While the UK and France are already popular, Sojern found they’re becoming moreso. The UK rises two spots as a top destination for both Western Europe and Latin America from last year, and Middle Eastern travellers also show a stronger intent to travel to the UK. Conversely, France climbs the rankings for North American and East and South Asian travellers.

More than 82 million international tourists are expected to visit France in 2017 – up 3% from 2016, while almost 40 million are entered the UK in 2016. And more than 50% of non-European travellers plan to stay a week or more, with trips of 12 or more days being the most popular.

This is a great sign for both destinations given the turmoil that has surrounded Paris and London in the past two years.
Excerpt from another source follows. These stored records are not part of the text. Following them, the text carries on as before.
-- ===== src/Assessment/Engine.antt =====
-- internal/assessment/engine.go: rules and their findings, the engine and its assessment of an
-- application. `sort` is `sort.Slice` by the keys of the findings, and `uuid_sha1` is `uuid.NewSHA1`.
use k8s_migration.Base.{
  ℕ, ◌+◌, ◌-◌, String, Bool, not, some, List, [], ◌∷◌, ◌++◌, str_eq, str_ltb, trim_space, join, any,
  order_by, if◌then◌else◌, Result, ok, failure, require, ◌>>◌,
}
use k8s_migration.Environment.{Capabilities}
use k8s_migration.Application.{SourceApplication, ResourceReference, ResourceSummary}
use k8s_migration.Assessment.Model.{Severity, Category, Status, Issue, Assessment}

pub record Context : Type 0 where
  pub application : SourceApplication
  pub source : Capabilities
  pub target : Capabilities

pub record Finding : Type 0 where
  pub severity : Severity
  pub category : Category
  pub resource : ResourceReference
  pub rule_id : String
  pub title : String
  pub description : String
  pub remediation : String
  pub auto_fixable : Bool

pub record Rule : Type 0 where
  pub id : String
  pub category : Category
  pub evaluate : Context → List Finding

abbrev has_rule : String → List Rule → Bool
has_rule id rules = any (λ r. str_eq r.id id) rules

-- The loop of `NewEngine`. `registered` has the rules that the map has so far.
unfoldable pub register : List Rule → List Rule → Result (List Rule)
register registered [] = ok registered
register registered (rule ∷ rules) =
    let rest = register (registered ++ rule ∷ []) rules in
    do
      require (not (str_eq (trim_space rule.id) "")) (failure "assessment rule ID is required")
      require (not (has_rule rule.id registered)) (failure "duplicate assessment rule")
      rest

unfoldable pub new_engine : List Rule → Result (List Rule)
unfolding register
new_engine rules = register [] rules

abbrev pub severity_text : Severity → String
severity_text Severity.blocker = "BLOCKER"
severity_text Severity.warning = "WARNING"
severity_text Severity.info = "INFO"

abbrev pub category_text : Category → String
category_text Category.compute = "COMPUTE"
category_text Category.storage = "STORAGE"
category_text Category.network = "NETWORK"
category_text Category.security = "SECURITY"
category_text Category.image = "IMAGE"
category_text Category.api = "API"
category_text Category.dependency = "DEPENDENCY"

unfoldable pub finding_key : Finding → String
unfolding join
finding_key f = join "\0" (
    severity_text f.severity
    ∷ category_text f.category
    ∷ f.rule_id
    ∷ f.resource.api_version
    ∷ f.resource.kind
    ∷ f.resource.namespace
    ∷ f.resource.name
    ∷ [])

unfoldable pub resource_ref : ResourceSummary → ResourceReference
resource_ref r = record {
  api_version = r.api_version;
  kind = r.kind;
  namespace = r.namespace;
  name = r.name;
}

abbrev pub issue_of : (ℕ → String → ℕ) → ℕ → Finding → Issue
issue_of uuid_sha1 assessment f = record {
  id = uuid_sha1 assessment (finding_key f);
  assessment_id = assessment;
  severity = f.severity;
  category = f.category;
  resource_kind = f.resource.kind;
  resource_namespace = f.resource.namespace;
  resource_name = f.resource.name;
  rule_id = f.rule_id;
  title = f.title;
  description = f.description;
  remediation = f.remediation;
  auto_fixable = f.auto_fixable;
}

-- The score only falls, so that a subtraction that stops at 0 gives what the source gets by setting a
-- negative score to 0 at the end.
unfoldable pub count_severity : Severity → Assessment → Assessment
count_severity Severity.blocker a = record a {
  blocker_count = a.blocker_count + 1;
  score = a.score - 30;
}
count_severity Severity.warning a = record a {
  warning_count = a.warning_count + 1;
  score = a.score - 10;
}
count_severity Severity.info a = record a { info_count = a.info_count + 1; score = a.score - 2 }

unfoldable pub add_finding : (ℕ → String → ℕ) → Finding → Assessment → Assessment
unfolding count_severity
add_finding uuid_sha1 f a =
    count_severity f.severity (record a { issues = a.issues ++ issue_of uuid_sha1 a.id f ∷ [] })

-- The loop over the sorted findings. `seen` has the keys of those that became issues.
unfoldable pub add_findings :
    (ℕ → String → ℕ) → List String → List Finding → Assessment → Assessment
unfolding add_finding
add_findings uuid_sha1 seen [] a = a
add_findings uuid_sha1 seen (f ∷ fs) a =
    let added = add_findings uuid_sha1 (finding_key f ∷ seen) fs (add_finding uuid_sha1 f a) in
    let skipped = add_findings uuid_sha1 seen fs a in
    if any (λ key. str_eq key (finding_key f)) seen then skipped else added

abbrev pub evaluate_all : List Rule → Context → List Finding
evaluate_all [] context = []
evaluate_all (rule ∷ rules) context = rule.evaluate context ++ evaluate_all rules context

-- The rules in the order of their ids, which differ.
abbrev pub findings_of : List Rule → Context → List Finding
findings_of engine context = evaluate_all (order_by (λ a b. str_ltb a.id b.id) engine) context

abbrev pub empty_assessment : ℕ → ℕ → ℕ → Assessment
empty_assessment id application now = record {
  id = id;
  application_id = application;
  score = 100;
  blocker_count = 0;
  warning_count = 0;
  info_count = 0;
  status = Status.completed;
  issues = [];
  created_at = now;
  completed_at = some now;
}

unfoldable pub assess :
    (List Finding → List Finding) → (ℕ → String → ℕ) → List Rule → ℕ → ℕ → Context → Assessment
unfolding add_findings
assess sort uuid_sha1 engine id now context =
    add_findings uuid_sha1 [] (sort (findings_of engine context))
      (empty_assessment id context.application.id now)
Travellers are planning early

Europeans have traditionally short lead times when visiting other European destinations, but even they plan their trips to the UK and France well in advance. There’s only a 4% increase in the percentage of non-European travellers with a lead time of over 30 days compared to European travellers.

The share of long lead times is the highest it’s been over the last three years with well over 25% of travellers planning 120 days or more in advance.
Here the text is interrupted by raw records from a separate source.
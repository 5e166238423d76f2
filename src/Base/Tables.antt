-- ===== src/Base/Tables.antt =====
-- Laws of the statements on tables: what an update, a deletion or an insertion does to the rows that
-- a WHERE clause selects, and to the row that a key finds.
use Prim.Native.Nat.{ℕ}
use mathlib.Core.Path.{◌≡◌, refl, sym, ap, ◌∙◌, subst}
use mathlib.Core.Logic.{◌≢◌, inl, inr}
use mathlib.Core.Bool.{Bool, true, false, ◌&&◌}
use mathlib.Core.Option.{none, some, some-injective}
use mathlib.Core.List.{List, [], ◌∷◌, ◌++◌}
use native.Mathlib.Omega.{arith}
use k8s_migration.Base.Tests.{◌==◌, if◌then◌else◌, Bool-cases}
use k8s_migration.Base.Lists.{All, select, delete, update, find, any}

module _ {ℓ} {A : Type ℓ} where
  pub All-append {κ} : (P : A → Type κ) (xs ys : List A) → All P xs → All P ys → All P (xs ++ ys)
  All-append P [] ys h k = k
  All-append P (x ∷ xs) ys h k = (h.0, All-append P xs ys h.1 k)

  pub All-split {κ} : (P : A → Type κ) (xs ys : List A) → All P (xs ++ ys) → All P xs × All P ys
  All-split P [] ys h = (tt, h)
  All-split P (x ∷ xs) ys h = let (a, b) = All-split P xs ys h.1 in ((h.0, a), b)

  -- A row that a WHERE clause selects is a row of the table.
  pub All-select {κ} :
      (P : A → Type κ) (p : A → Bool) (xs : List A) → All P xs → All P (select p xs)
  All-select P p [] h = tt
  All-select P p (x ∷ xs) h = elim (Bool-cases (p x)) [
    | inl e ↦ rw e (h.0, All-select P p xs h.1)
    | inr e ↦ rw e (All-select P p xs h.1)
  ]

  pub All-delete_left {κ λ'} :
      (P : A → Type κ) (Q : A → Type λ') (p : A → Bool)
      → ((x : A) → p x ≡ false → P x → Q x)
      → (xs : List A) → All P xs
      → All Q (delete p xs)
  All-delete_left P Q p keep [] h = tt
  All-delete_left P Q p keep (x ∷ xs) h = elim (Bool-cases (p x)) [
    | inl e ↦ rw e (All-delete_left P Q p keep xs h.1)
    | inr e ↦ rw e (keep x e h.0, All-delete_left P Q p keep xs h.1)
  ]

  pub All-delete {κ} :
      (P : A → Type κ) (p : A → Bool) (xs : List A) → All P xs → All P (delete p xs)
  All-delete P p = All-delete_left P P p (λ x _ h. h)

  pub All-update {κ λ'} :
      (P : A → Type κ) (Q : A → Type λ') (p : A → Bool) (f : A → A)
      → ((x : A) → p x ≡ true → P x → Q (f x))
      → ((x : A) → p x ≡ false → P x → Q x)
      → (xs : List A) → All P xs
      → All Q (update p f xs)
  All-update P Q p f hit miss [] h = tt
  All-update P Q p f hit miss (x ∷ xs) h = elim (Bool-cases (p x)) [
    | inl e ↦ rw e (hit x e h.0, All-update P Q p f hit miss xs h.1)
    | inr e ↦ rw e (miss x e h.0, All-update P Q p f hit miss xs h.1)
  ]

  pub All-mono {κ λ'} :
      (P : A → Type κ) (Q : A → Type λ')
      → ((x : A) → P x → Q x)
      → (xs : List A) → All P xs
      → All Q xs
  All-mono P Q f [] h = tt
  All-mono P Q f (x ∷ xs) h = (f x h.0, All-mono P Q f xs h.1)

  pub find-none : (p : A → Bool) (xs : List A) → All (λ x. p x ≡ false) xs → find p xs ≡ none
  find-none p [] h = refl
  find-none p (x ∷ xs) h = rw h.0 (find-none p xs h.1)

  pub any-none : (p : A → Bool) (xs : List A) → All (λ x. p x ≡ false) xs → any p xs ≡ false
  any-none p [] h = refl
  any-none p (x ∷ xs) h = rw h.0 (any-none p xs h.1)

  -- What a query finds satisfies its WHERE clause, and what holds of all rows.
  pub find-some {κ} :
      (P : A → Type κ) (p : A → Bool) (xs : List A) (y : A)
      → find p xs ≡ some y
      → All P xs
      → (p y ≡ true) × P y
  find-some P p [] y e h = absurd (ground arith)
  find-some P p (x ∷ xs) y e h = elim (Bool-cases (p x)) [
    | inl t ↦ subst (λ z. (p z ≡ true) × P z) (some-injective x y (rw t at e)) (t, h.0)
    | inr t ↦ find-some P p xs y (rw t at e) h.1
  ]

  pub select-append :
      (p : A → Bool) (xs ys : List A) → select p (xs ++ ys) ≡ select p xs ++ select p ys
  select-append p [] ys = refl
  select-append p (x ∷ xs) ys = ground (arith, select-append p xs ys)

  pub update-append :
      (p : A → Bool) (f : A → A) (xs ys : List A)
      → update p f (xs ++ ys) ≡ update p f xs ++ update p f ys
  update-append p f [] ys = refl
  update-append p f (x ∷ xs) ys = ap (◌∷◌ (if p x then f x else x)) (update-append p f xs ys)

  -- An update that keeps the WHERE clause commutes with it.
  pub select-update :
      (p q : A → Bool) (f : A → A)
      → ((x : A) → p (f x) ≡ p x)
      → (xs : List A) → select p (update q f xs) ≡ update q f (select p xs)
  select-update p q f keep [] = refl
  select-update p q f keep (x ∷ xs) = ground (arith, keep x, select-update p q f keep xs)

  pub select-delete :
      (p q : A → Bool) (xs : List A) → select p (delete q xs) ≡ delete q (select p xs)
  select-delete p q [] = refl
  select-delete p q (x ∷ xs) = ground (arith, select-delete p q xs)

  pub update-none :
      (p : A → Bool) (f : A → A) (xs : List A) → All (λ x. p x ≡ false) xs → update p f xs ≡ xs
  update-none p f [] h = refl
  update-none p f (x ∷ xs) h = rw (h.0, update-none p f xs h.1)

  pub select-every : (p : A → Bool) (xs : List A) → All (λ x. p x ≡ true) xs → select p xs ≡ xs
  select-every p [] h = refl
  select-every p (x ∷ xs) h = rw (h.0, select-every p xs h.1)

  pub select-none : (p : A → Bool) (xs : List A) → All (λ x. p x ≡ false) xs → select p xs ≡ []
  select-none p [] h = refl
  select-none p (x ∷ xs) h = rw h.0 (select-none p xs h.1)

  -- Every selected row satisfies the clause.
  pub select-All : (p : A → Bool) (xs : List A) → All (λ x. p x ≡ true) (select p xs)
  select-All p [] = tt
  select-All p (x ∷ xs) = elim (Bool-cases (p x)) [
    | inl e ↦ rw e (e, select-All p xs)
    | inr e ↦ rw e (select-All p xs)
  ]

  -- An UPDATE finds the row under a key again, changed.
  pub find-update :
      (key : A → ℕ) (k : ℕ) (f : A → A)
      → ((x : A) → key (f x) ≡ key x)
      → (xs : List A) (y : A) → find (λ x. key x == k) xs ≡ some y
      → find (λ x. key x == k) (update (λ x. key x == k) f xs) ≡ some (f y)
  find-update key k f keep [] y e = ground arith
  find-update key k f keep (x ∷ xs) y e = ground (arith, keep x, find-update key k f keep xs y)

-- A row that a query finds is found with more rows behind it.
pub find-append {ℓ} :
    {A : Type ℓ} (p : A → Bool) (xs ys : List A) (y : A)
    → find p xs ≡ some y
    → find p (xs ++ ys) ≡ some y
find-append p [] ys y e = absurd (ground arith)
find-append p (x ∷ xs) ys y e = elim (Bool-cases (p x)) [
  | inl h ↦ rw h (rw h at e)
  | inr h ↦ rw h (find-append p xs ys y (rw h at e))
]

-- PRIMARY KEY: no two rows have one key.
module _ {ℓ} {A : Type ℓ} (key : A → ℕ) where
  abbrev pub Distinct : List A → Type 0
  Distinct [] = Unit
  Distinct (x ∷ xs) = All (λ y. key y ≢ key x) xs × Distinct xs

  pub Distinct-select : (p : A → Bool) (xs : List A) → Distinct xs → Distinct (select p xs)
  Distinct-select p [] d = tt
  Distinct-select p (x ∷ xs) d = elim (Bool-cases (p x)) [
    | inl e ↦ rw e (All-select (λ y. key y ≢ key x) p xs d.0, Distinct-select p xs d.1)
    | inr e ↦ rw e (Distinct-select p xs d.1)
  ]

  pub Distinct-delete : (p : A → Bool) (xs : List A) → Distinct xs → Distinct (delete p xs)
  Distinct-delete p [] d = tt
  Distinct-delete p (x ∷ xs) d = elim (Bool-cases (p x)) [
    | inl e ↦ rw e (Distinct-delete p xs d.1)
    | inr e ↦ rw e (All-delete (λ y. key y ≢ key x) p xs d.0, Distinct-delete p xs d.1)
  ]

  All-update_ne :
      (k : ℕ) (p : A → Bool) (f : A → A)
      → ((x : A) → key (f x) ≡ key x)
      → (xs : List A) → All (λ y. key y ≢ k) xs
      → All (λ y. key y ≢ k) (update p f xs)
  All-update_ne k p f keep =
      All-update (λ y. key y ≢ k) (λ y. key y ≢ k) p f (λ x _ h e. h (sym (keep x) ∙ e))
        (λ x _ h. h)

  pub Distinct-update :
      (p : A → Bool) (f : A → A)
      → ((x : A) → key (f x) ≡ key x)
      → (xs : List A) → Distinct xs
      → Distinct (update p f xs)
  Distinct-update p f keep [] d = tt
  Distinct-update p f keep (x ∷ xs) d = elim (Bool-cases (p x)) [
    | inl e ↦
        rw e (rw (keep x) (All-update_ne (key x) p f keep xs d.0), Distinct-update p f keep xs d.1)
    | inr e ↦ rw e (All-update_ne (key x) p f keep xs d.0, Distinct-update p f keep xs d.1)
  ]

  pub Distinct-append :
      (xs : List A) (y : A) → Distinct xs → All (λ x. key x ≢ key y) xs → Distinct (xs ++ y ∷ [])
  Distinct-append [] y d h = (tt, tt)
  Distinct-append (x ∷ xs) y d h = (
    All-append (λ z. key z ≢ key x) xs (y ∷ []) d.0 ((λ e. h.0 (sym e)), tt),
    Distinct-append xs y d.1 h.1,
  )

  -- The rows on both sides of a row have other keys.
  pub Distinct-split :
      (us : List A) (y : A) (vs : List A)
      → Distinct (us ++ y ∷ vs)
      → All (λ x. (key x == key y) ≡ false) us × All (λ x. (key x == key y) ≡ false) vs
  Distinct-split [] y vs d = (tt, All-mono (λ x. key x ≢ key y) _ (λ x h. ground arith) vs d.0)
  Distinct-split (a ∷ us) y vs d =
      let (l, r) = Distinct-split us y vs d.1 in
      let there : (key y ≢ key a) × All (λ z. key z ≢ key a) vs =
        (All-split (λ z. key z ≢ key a) us (y ∷ vs) d.0).1 in
      ((ground (arith, there.0), l), r)

  -- The row under a key is found where the table, or a part of it, shows it.
  pub find-Distinct :
      (us : List A) (y : A) (vs : List A)
      → Distinct (us ++ y ∷ vs)
      → find (λ x. key x == key y) (us ++ y ∷ vs) ≡ some y
  find-Distinct [] y vs d = ground arith
  find-Distinct (a ∷ us) y vs d =
      let there = All-split (λ z. key z ≢ key a) us (y ∷ vs) d.0 in
      ground (arith, there.1.0, find-Distinct us y vs d.1)

  pub find-select :
      (p : A → Bool) (xs : List A) (y : A)
      → Distinct xs
      → find (λ x. key x == key y) (select p xs) ≡ some y
      → find (λ x. key x == key y) xs ≡ some y
  find-select p [] y d e = absurd (ground arith)
  find-select p (x ∷ xs) y d e = elim (Bool-cases (p x)) [
    | inl t ↦ ground (arith, find-select p xs y d.1)
    | inr t ↦
        let found : find (λ z. key z == key y) (select p xs) ≡ some y = rw t at e in
        let other =
          find-some (λ z. key z ≢ key x) (λ z. key z == key y) (select p xs) y found
            (All-select (λ z. key z ≢ key x) p xs d.0) in
        ground (arith, other.1, find-select p xs y d.1 found)
  ]

  -- UPDATE … WHERE id=$1 changes one row.
  pub update-Distinct :
      (f : A → A) (us : List A) (y : A) (vs : List A)
      → Distinct (us ++ y ∷ vs)
      → update (λ x. key x == key y) f (us ++ y ∷ vs) ≡ us ++ f y ∷ vs
  update-Distinct f us y vs d =
      let (l, r) = Distinct-split us y vs d in
      rw
        (
          update-append (λ x. key x == key y) f us (y ∷ vs),
          update-none (λ x. key x == key y) f us l,
          update-none (λ x. key x == key y) f vs r,
        )
        (ground arith)

module _ {ℓ} {A : Type ℓ} where
  -- The row under a key that passes a further test.
  pub find-and :
      (p q : A → Bool) (xs : List A) (y : A)
      → find p xs ≡ some y
      → q y ≡ true
      → find (λ x. p x && q x) xs ≡ some y
  find-and p q [] y e h = absurd (ground arith)
  find-and p q (x ∷ xs) y e h = elim (Bool-cases (p x)) [
    | inl t ↦ (let same : x ≡ y = some-injective x y (rw t at e) in rw (t, same) (rw h))
    | inr t ↦ rw t (find-and p q xs y (rw t at e) h)
  ]

  -- What a WHERE clause selects no row of, no row of the table satisfies.
  pub select-empty : (p : A → Bool) (xs : List A) → select p xs ≡ [] → All (λ x. p x ≡ false) xs
  select-empty p [] e = tt
  select-empty p (x ∷ xs) e = elim (Bool-cases (p x)) [
    | inl t ↦ absurd (ground arith)
    | inr t ↦ (t, select-empty p xs (rw t at e))
  ]

  pub All-both {κ λ'} :
      (P : A → Type κ) (Q : A → Type λ') (xs : List A)
      → All P xs
      → All Q xs
      → All (λ x. P x × Q x) xs
  All-both P Q [] h k = tt
  All-both P Q (x ∷ xs) h k = ((h.0, k.0), All-both P Q xs h.1 k.1)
Compared to the global average, France and the UK have slightly higher lead times of 67 and 73 days, respectively.

Growing lead time could be attributed to the enlarging, savvy, millennial market; a group hotels should place a large focus on marketing to and now have ample time to do so.
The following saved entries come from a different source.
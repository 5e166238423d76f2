-- ===== src/Assessment/Score.antt =====
-- internal/assessment/engine.go: the counts and the score of an assessment.
use k8s_migration.Base.{
  ℕ, ◌+◌, ◌-◌, ◌*◌, String, Bool, true, false, List, [], ◌∷◌, ◌++◌, ◌≡◌, refl, arith, select,
  length, str_eq, any, if◌then◌else◌, Bool-cases, inl, inr, length-append,
}
use k8s_migration.Base.Tables.{select-append}
use k8s_migration.Assessment.Model.{Severity, Issue, Assessment}
use k8s_migration.Assessment.Engine.{
  Context, Finding, Rule, finding_key, issue_of, count_severity, add_finding, add_findings,
  findings_of, assess,
}

abbrev pub is_blocker : Severity → Bool
is_blocker Severity.blocker = true
is_blocker _ = false

abbrev pub is_warning : Severity → Bool
is_warning Severity.warning = true
is_warning _ = false

abbrev pub is_info : Severity → Bool
is_info Severity.info = true
is_info _ = false

abbrev pub count : (Severity → Bool) → List Issue → ℕ
count p issues = length (select (λ i. p i.severity) issues)

-- The counts are those of the issues, and the score is 100 without 30 for a blocker, 10 for a warning
-- and 2 for a hint, and 0 where these are more than 100.
pub record IsTallied (a : Assessment) : Type 0 where
  pub blockers : a.blocker_count ≡ count is_blocker a.issues
  pub warnings : a.warning_count ≡ count is_warning a.issues
  pub infos : a.info_count ≡ count is_info a.issues
  pub scored : a.score ≡ 100 - (30 * a.blocker_count + (10 * a.warning_count + 2 * a.info_count))

count-last :
    (p : Severity → Bool) (issues : List Issue) (i : Issue)
    → count p (issues ++ i ∷ []) ≡ count p issues + (if p i.severity then 1 else 0)
count-last p issues i =
    rw
      (
        select-append (λ j. p j.severity) issues (i ∷ []),
        length-append (select (λ j. p j.severity) issues) (select (λ j. p j.severity) (i ∷ [])),
      )
      (elim (Bool-cases (p i.severity)) [ inl e ↦ rw e refl | inr e ↦ rw e refl ])

count_severity-IsTallied :
    (severity : Severity) (i : Issue) (a : Assessment)
    → i.severity ≡ severity
    → IsTallied a
    → IsTallied (count_severity severity (record a { issues = a.issues ++ i ∷ [] }))
unfolding count_severity
count_severity-IsTallied Severity.blocker i a same t = record {
  blockers = rw (count-last is_blocker a.issues i, same) (omega (arith, t.blockers));
  warnings = rw (count-last is_warning a.issues i, same) (omega (arith, t.warnings));
  infos = rw (count-last is_info a.issues i, same) (omega (arith, t.infos));
  scored = omega (arith, t.scored);
}
count_severity-IsTallied Severity.warning i a same t = record {
  blockers = rw (count-last is_blocker a.issues i, same) (omega (arith, t.blockers));
  warnings = rw (count-last is_warning a.issues i, same) (omega (arith, t.warnings));
  infos = rw (count-last is_info a.issues i, same) (omega (arith, t.infos));
  scored = omega (arith, t.scored);
}
count_severity-IsTallied Severity.info i a same t = record {
  blockers = rw (count-last is_blocker a.issues i, same) (omega (arith, t.blockers));
  warnings = rw (count-last is_warning a.issues i, same) (omega (arith, t.warnings));
  infos = rw (count-last is_info a.issues i, same) (omega (arith, t.infos));
  scored = omega (arith, t.scored);
}

add_findings-IsTallied :
    (uuid_sha1 : ℕ → String → ℕ) (seen : List String) (fs : List Finding) (a : Assessment)
    → IsTallied a
    → IsTallied (add_findings uuid_sha1 seen fs a)
unfolding add_findings add_finding
add_findings-IsTallied uuid_sha1 seen [] a t = t
add_findings-IsTallied uuid_sha1 seen (f ∷ fs) a t =
    elim (Bool-cases (any (λ key. str_eq key (finding_key f)) seen)) [
      | inl e ↦ rw e (add_findings-IsTallied uuid_sha1 seen fs a t)
      | inr e ↦ rw e (
          add_findings-IsTallied uuid_sha1 (finding_key f ∷ seen) fs (add_finding uuid_sha1 f a)
            (count_severity-IsTallied f.severity (issue_of uuid_sha1 a.id f) a refl t))
    ]

-- The counts of an assessment are those of its issues, and its score is 100 without 30 for each
-- blocker, 10 for each warning and 2 for each hint, or 0 where these are more than 100.
pub assess-IsTallied :
    (sort : List Finding → List Finding) (uuid_sha1 : ℕ → String → ℕ) (engine : List Rule)
    (id now : ℕ) (context : Context)
    → IsTallied (assess sort uuid_sha1 engine id now context)
unfolding assess
assess-IsTallied sort uuid_sha1 engine id now context =
    add_findings-IsTallied uuid_sha1 [] (sort (findings_of engine context)) _
      (record { blockers = refl; warnings = refl; infos = refl; scored = omega arith })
Hotel numbers are increasing

With nearly 650,000 expected hotel rooms in the UK by the end of 2017 and already 800,000 hotel rooms in France, the rising travel demand is being managed and the challenge for hoteliers is to know when, where, and how far in advance travellers are going to book.

Hotels should highlight their best assets through a range of media to attract as many high-value customers as possible. Over 70% of consumers prefer customised ads and there’s ample opportunity to do this via social media, video, and mobile. As many as 80% of people report that they can recall a video ad they viewed in the past 30 days.

Trip duration is one of the biggest drivers of value

It makes sense that those staying longer are likely to spend more money in-destination.

Overseas visitors spent £22.5 billion on visits to the UK in 2016, an increase of 2% compared with 2015. If each of those people spent even one additional day in the UK, it would mean a major increase in revenue for travel brands, and the economy as a whole.

Hotels should prioritise strategies to extend stays, by finding the right incentives through data and guest profiles or developing attractive packages.